Hagen Grote ist ein Onlineshop für Hobby- und Profiköche. Ihr findet dort also einiges, was das Kochherz höher schlagen lässt. Ich durfte mir aus dem umfangreichen Sortiment Artikel aussuchen, die ich für euch testen sollte. Meine Wahl fiel letztendlich auf den Pizzabäcker. Dieses kleine Gerät, in dem man blitzschnell Pizza Zuhause in italienischer Steinofenqualität herstellen kann, hatte direkt mein Interesse geweckt.

„Nur superheiß (über 350 °C) und blitzschnell (maximal 5 Minuten) gebacken, schmeckt Pizza (…) so gut wie aus dem Steinbackofen in Italien. Von außen kross und knusprig, der Belag wunderbar saftig.“

So das Versprechen auf der Homepage. Na, ob das gelingt? Das wollte ich testen! Denn da wir zum nächsten Italiener immer ein paar Kilometer zu fahren haben (das Leben auf dem Land ist schon ziemlich hart), wäre natürlich selbstgemachte Pizza die Alternative.

„Dank kleinem Garraum mit Backstein erreicht der superstarke Pizzabäcker nach nur 10 Minuten Vorheizzeit ideale Pizza-Backtemperaturen bis zu 400 °C. Überschüssige Feuchtigkeit nimmt sein feuerfester Backstein aus dem Teig.“

Und wenige Tage später stand er also in meiner Küche und war bereit, ausprobiert zu werden: Der Pizzabäcker

Ich wählte für den ersten Test eine Pizza, die ich unglaublich gerne esse, die ich aber selten in einer Pizzeria erhalte. Eine Pizza mit Pesto als Tomatensoßenersatz. 

Ich finde, wenn man die Soße durch Pesto (egal ob Pesto Rosso oder Pesto Verde) ersetzt, gibt dies der Pizza eine ganz andere, besondere Würze. Als Belag wählte ich (für mich ganz klassisch) Salami, Schinken und Mozzarella.

Pesto, Pizza, Pestopizza

Und nun ging der Test los:

Den Pizzateig rollt ihr so groß aus, dass er etwas kleiner als der Pizzastein ist. Mit den Zutaten belegen und dann mit Hilfe der beigefügten Holzschaber auf den vorgeheizten Pizzastein legen. Timer einstellen und danach eine wunderbare Pizza genießen.

So die Theorie. 

In der Praxis war es nicht ganz so einfach. Das Ergebnis (also die Pizza an sich) war wirklich super!
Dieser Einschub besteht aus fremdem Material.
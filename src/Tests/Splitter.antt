-- ===== src/Tests/Splitter.antt =====
-- The line splitter at concrete chunks: a line, a line cut by a chunk, a carriage return at a cut.
use ahp_inspector.Base.{ℕ, ◌+◌, true, false, [], ◌∷◌, ◌++◌, ◌≡◌, refl, arith, length}
use ahp_inspector.Parser.Splitter.Tolerant.{Returned, push_detailed-Returned}
use ahp_inspector.Parser.Splitter.{
  Units, LineSplitter, new_splitter, push_detailed, checkpoint, end_of_input, finalize_if, is_high,
  utf8_byte_length, late_terminator, byte_order_mark, skip_terminator, skip_line, finish, keep_tail,
  scan, line_of, strip_cr,
}
use ahp_inspector.Parser.Splitter.Bytes.{well_formed, encode, utf8_byte_length-encode}
use ahp_inspector.Parser.Splitter.Lines.{render}
use ahp_inspector.Parser.Splitter.Balance.{IsValid, pending, sum_skipped}
use ahp_inspector.Parser.Splitter.Chunks.{
  reading, lines_of, push_detailed-append, push_detailed-render,
}
use ahp_inspector.Parser.Splitter.Accounting.{
  Accounts, sum_lines, push_detailed-Accounts, closing-Accounts,
}

-- "ab\r\nc", and "\ud83d\ude00\n" (one code point beyond U+FFFF)
abbrev first_chunk : Units
first_chunk = 97 ∷ 98 ∷ 13 ∷ 10 ∷ 99 ∷ []

abbrev second_chunk : Units
second_chunk = 0xd83d ∷ 0xde00 ∷ 10 ∷ []

new-IsValid : IsValid (new_splitter true)
unfolding new_splitter well_formed
new-IsValid = record {
  buf_ok = refl;
  skips = λ _. (refl, refl);
  one = λ _. refl;
  final = λ h. absurd (ground (arith, h));
}

push_detailed-Accounts_example :
    Accounts
      (pending (new_splitter true) + utf8_byte_length first_chunk)
      (push_detailed (new_splitter true) first_chunk)
unfolding well_formed
push_detailed-Accounts_example =
    push_detailed-Accounts (new_splitter true) first_chunk new-IsValid refl

-- a splitter in the middle of a line that it drops
abbrev dropping : LineSplitter
dropping = record {
  buf = [];
  bom_consumed = true;
  tolerant = true;
  skipping = true;
  skip_bytes_accumulated = 7;
  skip_pending_cr = true;
  finalized_at_eof = false;
  finalized_pending_cr = false;
}

dropping-IsValid : IsValid dropping
unfolding well_formed
dropping-IsValid = record {
  buf_ok = refl;
  skips = λ h. absurd (ground (arith, h));
  one = λ _. refl;
  final = λ h. absurd (ground (arith, h));
}

closing-Accounts_example :
    ((pending dropping ≡ (checkpoint dropping).1 + pending (checkpoint dropping).0)
      × IsValid (checkpoint dropping).0)
    × ((pending dropping
          ≡ sum_skipped (end_of_input dropping).1 + pending (end_of_input dropping).0)
        × IsValid (end_of_input dropping).0)
    × ((pending dropping
          ≡ sum_lines (finalize_if (λ _. true) dropping).1
            + pending (finalize_if (λ _. true) dropping).0)
        × IsValid (finalize_if (λ _. true) dropping).0)
closing-Accounts_example = closing-Accounts (λ _. true) dropping dropping-IsValid refl

push_detailed-append_example :
    (lines_of (push_detailed (reading false (120 ∷ [])) (first_chunk ++ second_chunk))
      ≡ lines_of (push_detailed (reading false (120 ∷ [])) first_chunk)
        ++ lines_of (
            push_detailed
              (push_detailed (reading false (120 ∷ [])) first_chunk).splitter
              second_chunk))
    × ((push_detailed (reading false (120 ∷ [])) (first_chunk ++ second_chunk)).splitter
        ≡ (push_detailed
            (push_detailed (reading false (120 ∷ [])) first_chunk).splitter
            second_chunk).splitter)
push_detailed-append_example =
    push_detailed-append false (120 ∷ []) first_chunk second_chunk (omega arith)

push_detailed-render_example :
    render (lines_of (push_detailed (reading true (120 ∷ [])) first_chunk))
      ++ (push_detailed (reading true (120 ∷ [])) first_chunk).splitter.buf
    ≡ (120 ∷ []) ++ first_chunk
push_detailed-render_example = push_detailed-render true (120 ∷ []) first_chunk (omega arith)

utf8_byte_length-encode_example :
    (utf8_byte_length second_chunk ≡ length (encode second_chunk))
    × ((c : ℕ)
        → is_high c ≡ true
        → utf8_byte_length (second_chunk ++ c ∷ []) ≡ length (encode (second_chunk ++ c ∷ [])) + 1)
unfolding well_formed
utf8_byte_length-encode_example = utf8_byte_length-encode second_chunk refl

-- one line of two units and two bytes, and the begun one is kept
split_test :
    lines_of (push_detailed (new_splitter true) first_chunk)
    ≡ record { text = 97 ∷ 98 ∷ []; byte_length = 2; terminator_bytes = 2 } ∷ []
unfolding new_splitter push_detailed late_terminator byte_order_mark skip_terminator skip_line
    finish keep_tail scan line_of strip_cr utf8_byte_length
split_test = refl

push_detailed-Returned_example : Returned (push_detailed (new_splitter true) first_chunk)
push_detailed-Returned_example =
    push_detailed-Returned (new_splitter true) first_chunk (unfold new_splitter in refl)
Die Handhabung des Ofens benötigt allerdings etwas Übung.

Pizza, Pestopizza

Daher hier ein paar Tipps:

  • Die Unterseite der Pizza wirklich gut (!) bemehlen, da ihr die Pizza ansonsten nicht mehr vom Holzschaber bekommt. 
  • Die Pizza direkt nach dem Ausrollen auf die Schaber legen und erst dann belegen (ansonsten rutscht euch der Belag runter)
  • Aufpassen, dass das Kontroll-Lämpchen wirklich die ganze Zeit brennt (bei unserem ersten Versuch war es leider nicht so und die Pizza war nicht ganz kross)
  • Nach Ablauf der Zeit, den Griff zum Öffnen am besten mit Hilfe eines Handschuhs oder Küchenhandtuchs öffnen (sehr heiß!)
  • Bitte immer den Ofen im Auge behalten, da das Ding tatsächlich bis zu 400 Grad heiß wird!!

Wenn ihr das alles beachtet, kommt ihr wirklich zu einem sehr, sehr guten Pizzaergebnis und einer tollen Alternative zum Italiener.

Alles Liebe

Katrin

*Dieser Artikel enthält Werbung. Das vorgestellte Produkt wurde mir zum Testen zur Verfügung gestellt.